Although the complementary studies by Bennett and colleagues and Arimura and colleagues greatly expand our understanding of the role of oncohistones and nucleosome dynamics in tumorigenesis, much remains unknown about histone mutations in cancer. For example, these analyses clearly show that some oncohistones display disease-specific associations and require certain secondary mutations, such as the aforementioned H3.3K27M in high-grade gliomas. Why these associations are present is not known but may be related to cell of origin, such as a glioma cell of origin that may be sensitive to subtle changes in PRC2 activity (5).
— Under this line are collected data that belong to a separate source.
-- ===== src/Binding/Boundary.antt =====
-- internal/httpx/request.go: validateCrossFieldBoundary, the check of validate tags that refer to
-- fields on the other side of the split between parameters and body.
pub mod Parts
pub mod Written
pub mod Rules
pub mod Read
pub mod Sides
mod Tests
use golang_postgres_starter.Base.{
  Text, codes, ◌==◌, nat_eq, text_eq, if◌then◌else◌, List, [], ◌∷◌, ◌++◌, map, contains, Option,
  none, some, split, cut, trim_space, is_space, grow,
}

-- The tags whose parameter is a list of fields and values, a list of fields, and one field.
abbrev pub pair_tags : List Text
pair_tags =
    codes "required_if"
    ∷ codes "required_unless"
    ∷ codes "excluded_if"
    ∷ codes "excluded_unless"
    ∷ codes "skip_unless"
    ∷ []

abbrev pub list_tags : List Text
list_tags =
    codes "required_with"
    ∷ codes "required_with_all"
    ∷ codes "required_without"
    ∷ codes "required_without_all"
    ∷ codes "excluded_with"
    ∷ codes "excluded_with_all"
    ∷ codes "excluded_without"
    ∷ codes "excluded_without_all"
    ∷ []

abbrev pub single_tags : List Text
single_tags =
    codes "eqfield"
    ∷ codes "nefield"
    ∷ codes "gtfield"
    ∷ codes "gtefield"
    ∷ codes "ltfield"
    ∷ codes "ltefield"
    ∷ codes "fieldcontains"
    ∷ codes "fieldexcludes"
    ∷ codes "eqcsfield"
    ∷ codes "necsfield"
    ∷ codes "gtcsfield"
    ∷ codes "gtecsfield"
    ∷ codes "ltcsfield"
    ∷ codes "ltecsfield"
    ∷ []

-- strings.Fields on ASCII: the parts between white space that are not empty.
abbrev pub add_part : Text → List Text → List Text
add_part [] parts = parts
add_part (c ∷ part) parts = (c ∷ part) ∷ parts

unfoldable pub split_spaces : Text → List Text
split_spaces [] = [] ∷ []
split_spaces (c ∷ s) = let rest = split_spaces s in if is_space c then [] ∷ rest else grow c rest

unfoldable pub nonempty_parts : List Text → List Text
nonempty_parts [] = []
nonempty_parts (part ∷ parts) = add_part part (nonempty_parts parts)

unfoldable pub text_fields : Text → List Text
unfolding split_spaces nonempty_parts
text_fields s = nonempty_parts (split_spaces s)

abbrev pub before_dot : Option (Text × Text) → Text → Text
before_dot none ref = ref
before_dot (some (segment, rest)) ref = segment

-- `firstPathSegment`
unfoldable pub first_path_segment : Text → Text
first_path_segment ref = before_dot (cut ref b'.') ref

-- The tokens with even indexes.
unfoldable pub every_second : List Text → List Text
every_second [] = []
every_second (t ∷ []) = t ∷ []
every_second (t ∷ u ∷ rest) = t ∷ every_second rest

-- The switch over the kinds of tags.
unfoldable pub parameter_targets : Text → Text → List Text
unfolding text_fields first_path_segment every_second
parameter_targets name param =
    if contains pair_tags name
    then map first_path_segment (every_second (text_fields param))
    else (if contains list_tags name
        then map first_path_segment (text_fields param)
        else (if contains single_tags name then first_path_segment param ∷ [] else []))

abbrev pub cut_targets : Option (Text × Text) → List Text
cut_targets none = []
cut_targets (some (name, param)) = if param == [] then [] else parameter_targets name param

unfoldable pub alternative_targets : List Text → List Text
unfolding parameter_targets
alternative_targets [] = []
alternative_targets (alt ∷ alts) =
    cut_targets (cut (trim_space alt) b'=') ++ alternative_targets alts

unfoldable pub entry_targets : List Text → List Text
unfolding alternative_targets
entry_targets [] = []
entry_targets (entry ∷ entries) = alternative_targets (split entry b'|') ++ entry_targets entries

-- `crossFieldTargets`
unfoldable pub cross_field_targets : Text → List Text
unfolding entry_targets
cross_field_targets tag = if tag == [] then [] else entry_targets (split tag b',')

-- A field with its validate tag.
pub record TaggedField : Type 0 where
  pub name : Text
  pub validate : Text

pub data Side : Type 0 where
  param_side body_side : Side

-- A reference that never matches: its side, its field and the name that it refers to.
pub record Crossing : Type 0 where
  pub side : Side
  pub field : Text
  pub target : Text

abbrev pub field_names : List TaggedField → List Text
field_names [] = []
field_names (f ∷ fs) = f.name ∷ field_names fs

-- The fields of the request but for its body.
unfoldable pub other_fields : Text → List TaggedField → List TaggedField
other_fields body [] = []
other_fields body (f ∷ fs) =
    let rest = other_fields body fs in if f.name == body then rest else f ∷ rest

module _ (side : Side) (siblings other : List Text) where
  abbrev pub check_target : Text → Text → List Crossing
  check_target field target =
      if contains siblings target
      then []
      else (if contains other target
          then record { side = side; field = field; target = target } ∷ []
          else [])

  -- `check`, on the targets of one field.
  unfoldable pub check_targets : Text → List Text → List Crossing
  check_targets field [] = []
  check_targets field (target ∷ targets) = check_target field target ++ check_targets field targets

  unfoldable pub check_tagged : List TaggedField → List Crossing
  unfolding check_targets cross_field_targets
  check_tagged [] = []
  check_tagged (f ∷ fs) = check_targets f.name (cross_field_targets f.validate) ++ check_tagged fs

-- `validateCrossFieldBoundary`, on the fields of the request, the name of the body among them, and
-- the fields of the body's type behind its pointers, if that is a struct.
unfoldable pub validate_cross_field_boundary :
    List TaggedField → Text → Option (List TaggedField) → List Crossing
unfolding other_fields check_tagged
validate_cross_field_boundary fields body none = []
validate_cross_field_boundary fields body (some inner) =
    let params = other_fields body fields in
    check_tagged param_side (field_names params) (field_names inner) params
    ++ check_tagged body_side (field_names inner) (field_names params) inner
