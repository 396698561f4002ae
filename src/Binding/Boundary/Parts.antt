-- ===== src/Binding/Boundary/Parts.antt =====
-- What trimming, cutting and splitting by white space do to words that have none.
use golang_postgres_starter.Base.{
  ℕ, Text, Bool, true, false, not, ◌&&◌, ◌==◌, nat_eq, nat_beq_iff, List, [], ◌∷◌, ◌++◌, text_eq,
  none, some, join, cut, trim_space, trim, trim_left, is_space, ◌≡◌, ◌≢◌, refl, sym, ◌∙◌, ap, subst,
  arith, All, All-append, Lacks,
}
use mathlib.Core.List.{reverse, reverse-append, reverse-reverse}
use golang_postgres_starter.Binding.Boundary.{add_part, split_spaces, nonempty_parts, text_fields}

-- A byte that ends no word, no alternative and no entry of a tag.
abbrev pub is_plain : ℕ → Bool
is_plain c = not (is_space c) && (not (c == b',') && not (c == b'|'))

abbrev pub IsWord : Text → Type 0
IsWord w = (w ≢ []) × All (λ c. is_plain c ≡ true) w

pub plain_lem : (c : ℕ) → is_plain c ≡ true → (is_space c ≡ false) × (c ≢ b',') × (c ≢ b'|')
plain_lem c h = ground arith

-- The text begins with no white space; the other way, it ends with none.
abbrev pub Starts : Text → Type 0
Starts [] = ⊥
Starts (c ∷ s) = is_space c ≡ false

abbrev pub Ends : Text → Type 0
Ends s = Starts (reverse s)

pub Starts-append : (s t : Text) → Starts s → Starts (s ++ t)
Starts-append [] t h = absurd h
Starts-append (c ∷ s) t h = h

pub Ends-append : (s t : Text) → Ends t → Ends (s ++ t)
Ends-append s t h =
    subst Starts (sym (reverse-append s t)) (Starts-append (reverse t) (reverse s) h)

pub IsWord-Starts : (w : Text) → IsWord w → Starts w
IsWord-Starts [] (h, _) = h refl
IsWord-Starts (c ∷ w) (_, (h, _)) = (plain_lem c h).0

pub IsWord-Ends : (w : Text) → IsWord w → Ends w
IsWord-Ends [] (h, _) = absurd (h refl)
IsWord-Ends (c ∷ []) (_, (h, _)) = (plain_lem c h).0
IsWord-Ends (c ∷ d ∷ w) (_, (_, h)) = Ends-append (c ∷ []) (d ∷ w) (IsWord-Ends (d ∷ w) (cc, h))

trim_left-Starts : (s : Text) → Starts s → trim_left is_space s ≡ s
unfolding trim_left
trim_left-Starts [] h = absurd h
trim_left-Starts (c ∷ s) h = rw h

pub trim_space-trimmed : (s : Text) → Starts s → Ends s → trim_space s ≡ s
unfolding trim_space trim
trim_space-trimmed s starts ends =
    ap (λ t. reverse (trim_left is_space (reverse t))) (trim_left-Starts s starts)
    ∙ ap reverse (trim_left-Starts (reverse s) ends)
    ∙ reverse-reverse s

pub cut-append :
    (p rest : Text) (sep : ℕ) → Lacks sep p → cut (p ++ sep ∷ rest) sep ≡ some (p, rest)
unfolding cut
cut-append [] rest sep h = ground (arith, nat_beq_iff sep sep)
cut-append (c ∷ p) rest sep (hc, h) = ground (arith, nat_beq_iff c sep, cut-append p rest sep h)

pub cut-Lacks : (p : Text) (sep : ℕ) → Lacks sep p → cut p sep ≡ none
unfolding cut
cut-Lacks [] sep h = refl
cut-Lacks (c ∷ p) sep (hc, h) = ground (arith, nat_beq_iff c sep, cut-Lacks p sep h)

-- A word in front of white space, and one at the end.
split_spaces-append :
    (w rest : Text)
    → All (λ c. is_plain c ≡ true) w
    → split_spaces (w ++ 0x20 ∷ rest) ≡ w ∷ split_spaces rest
unfolding split_spaces
split_spaces-append [] rest h = refl
split_spaces-append (c ∷ w) rest (hc, h) =
    rw ((plain_lem c hc).0, split_spaces-append w rest h) refl

split_spaces-word : (w : Text) → All (λ c. is_plain c ≡ true) w → split_spaces w ≡ w ∷ []
unfolding split_spaces
split_spaces-word [] h = refl
split_spaces-word (c ∷ w) (hc, h) = rw ((plain_lem c hc).0, split_spaces-word w h) refl

add_part-word : (w : Text) (parts : List Text) → w ≢ [] → add_part w parts ≡ w ∷ parts
add_part-word [] parts h = absurd (h refl)
add_part-word (c ∷ w) parts h = refl

pub text_fields-join : (ws : List Text) → ws ≢ [] → All IsWord ws → text_fields (join ws 0x20) ≡ ws
unfolding text_fields join nonempty_parts
text_fields-join [] h _ = absurd (h refl)
text_fields-join (w ∷ []) _ ((ne, plain), _) =
    rw (split_spaces-word w plain) (add_part-word w [] ne)
text_fields-join (w ∷ v ∷ ws) _ ((ne, plain), rest) =
    rw (split_spaces-append w (join (v ∷ ws) 0x20) plain)
      (rw (text_fields-join (v ∷ ws) (λ e. cc) rest) (add_part-word w (v ∷ ws) ne))

pub All-join :
    (P : ℕ → Type 0) (ws : List Text) (sep : ℕ) → P sep → All (All P) ws → All P (join ws sep)
unfolding join
All-join P [] sep h a = tt
All-join P (w ∷ []) sep h (aw, _) = aw
All-join P (w ∷ v ∷ ws) sep h (aw, a) = All-append P w _ aw (h, All-join P (v ∷ ws) sep h a)

pub join-Ends : (ws : List Text) → ws ≢ [] → All IsWord ws → Ends (join ws 0x20)
unfolding join
join-Ends [] h _ = absurd (h refl)
join-Ends (w ∷ []) _ (word, _) = IsWord-Ends w word
join-Ends (w ∷ v ∷ ws) _ (_, rest) =
    Ends-append w (0x20 ∷ join (v ∷ ws) 0x20)
      (Ends-append (0x20 ∷ []) (join (v ∷ ws) 0x20) (join-Ends (v ∷ ws) (λ e. cc) rest))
The precise contributions of unstable nucleosomes to cancer have yet to be fully elucidated. Cancer is increasingly being appreciated as a disease driven by metabolic, transcriptional, and genomic heterogeneity (6). The impact of unstable nucleosomes on heterogeneity is not known, but it is attractive to speculate that oncohistones such as H2B-E76K may promote increased heterogeneity by relaxing regulatory mechanisms imposed by nucleosomes, potentially allowing transcription factors (TF) to engage sites that are normally protected by nucleosomes. Alternatively, oncohistone expression may allow for activation of a transcriptional program, such as a differentiation- and proliferation-promoting pathway, but due to increased nucleosome instability, networks that are normally terminated by these programs may inappropriately persist, such as those mediated by stem-like TFs.

Finally, as the reports by Nacev and colleagues and Bennett and colleagues show, oncohistones are more common and occur in a broader range of malignancies than previously appreciated. It will be important to correlate these mutations with clinical data to assess their correlations with disease subtypes and prognoses. In addition, it is possible that oncohistone-driven malignancies share therapeutic vulnerabilities across cancers, the signatures of which may be ascertained from clinical data. Now that oncohistones have been brought “into the fold,” therapies targeting the biology underlying these drivers of malignancy will undoubtedly become the subject of future investigation.

No potential conflicts of interest were disclosed.